Your objective:
Every line of the entries below that mentions "IStorage" is to be copied out.

Records excerpted from a collection:
-- ===== src/ClientHelper/Runs.antt =====
-- The calls that a client helper gets, one after the other, in the database and on the list of the
-- variables that the client observes.
use variables_and_streams_se.Base.{
  ℕ, List, [], ◌∷◌, ◌++◌, Bool, true, false, arith, ◌≤◌, ◌<◌, ◌+◌, length, Option, some, none,
  length-append,
}
use variables_and_streams_se.Base.Text.{Text}
use variables_and_streams_se.Base.Decimal.{max_int}
use variables_and_streams_se.Storage.Interface.{IStorage}
use variables_and_streams_se.ClientHelper.{
  register_new_observation, unregister_observation, notify, is_connected,
}
use variables_and_streams_se.ClientHelper.Listed.{remove_first}
use variables_and_streams_se.ClientHelper.Observing.{
  Observing, var_of, live_time-Observing, register-Observing, unregister-Observing,
}

-- A call, with the time at which it comes, and what the client's API answers to it.
pub data Call : Type 0 where
  observe forget : Text → ℕ → Call
  notify_client check_alive : Option Text → Bool → ℕ → Call

-- What a call makes of the list.
unfoldable pub on_vars : Call → List Text → List Text
on_vars (observe v now) xs = xs ++ var_of v ∷ []
on_vars (forget v now) xs = remove_first (var_of v) xs
on_vars (notify_client api sent now) xs = xs
on_vars (check_alive api alive now) xs = xs

unfoldable pub on_vars_all : List Call → List Text → List Text
on_vars_all [] xs = xs
on_vars_all (c ∷ cs) xs = on_vars_all cs (on_vars c xs)

length-remove_first : (x : Text) (xs : List Text) → length (remove_first x xs) ≤ length xs
unfolding remove_first
length-remove_first x [] = omega arith
length-remove_first x (y ∷ xs) = ground (arith, length-remove_first x xs)

length-on_vars : (c : Call) (xs : List Text) → length (on_vars c xs) ≤ length xs + 1
unfolding on_vars
length-on_vars (observe v now) xs = omega (arith, length-append xs (var_of v ∷ []))
length-on_vars (forget v now) xs = omega (arith, length-remove_first (var_of v) xs)
length-on_vars (notify_client api sent now) xs = omega arith
length-on_vars (check_alive api alive now) xs = omega arith

module _ (st : IStorage) (client : Text) where
  open st use {Db}

  unfoldable pub perform_call : Call → Db → Db
  perform_call (observe v now) db = register_new_observation st client v now db
  perform_call (forget v now) db = unregister_observation st client v now db
  perform_call (notify_client api sent now) db = (notify st client api sent now db).0
  perform_call (check_alive api alive now) db = (is_connected st client api alive now db).0

  unfoldable pub perform_calls : List Call → Db → Db
  perform_calls [] db = db
  perform_calls (c ∷ cs) db = perform_calls cs (perform_call c db)

  call-Observing :
      (c : Call) (xs : List Text) (db : Db)
      → length xs < max_int
      → Observing st client xs db
      → Observing st client (on_vars c xs) (perform_call c db)
  unfolding perform_call on_vars notify is_connected
  call-Observing (observe v now) xs db lt r = register-Observing st client v now xs db lt r
  call-Observing (forget v now) xs db lt r =
      unregister-Observing st client v now xs db (omega arith) r
  call-Observing (notify_client none sent now) xs db lt r = r
  call-Observing (notify_client (some api) true now) xs db lt r =
      live_time-Observing st client now xs db r
  call-Observing (notify_client (some api) false now) xs db lt r = r
  call-Observing (check_alive none alive now) xs db lt r = r
  call-Observing (check_alive (some api) true now) xs db lt r =
      live_time-Observing st client now xs db r
  call-Observing (check_alive (some api) false now) xs db lt r = r

  pub client_refines :
      (cs : List Call) (xs : List Text) (db : Db)
      → length xs + length cs ≤ max_int
      → Observing st client xs db
      → Observing st client (on_vars_all cs xs) (perform_calls cs db)
  unfolding perform_calls on_vars_all
  client_refines [] xs db le r = r
  client_refines (c ∷ cs) xs db le r =
      client_refines cs (on_vars c xs) _ (omega (arith, length-on_vars c xs))
        (call-Observing c xs db (omega arith) r)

Answer:
use variables_and_streams_se.Storage.Interface.{IStorage}
module _ (st : IStorage) (client : Text) where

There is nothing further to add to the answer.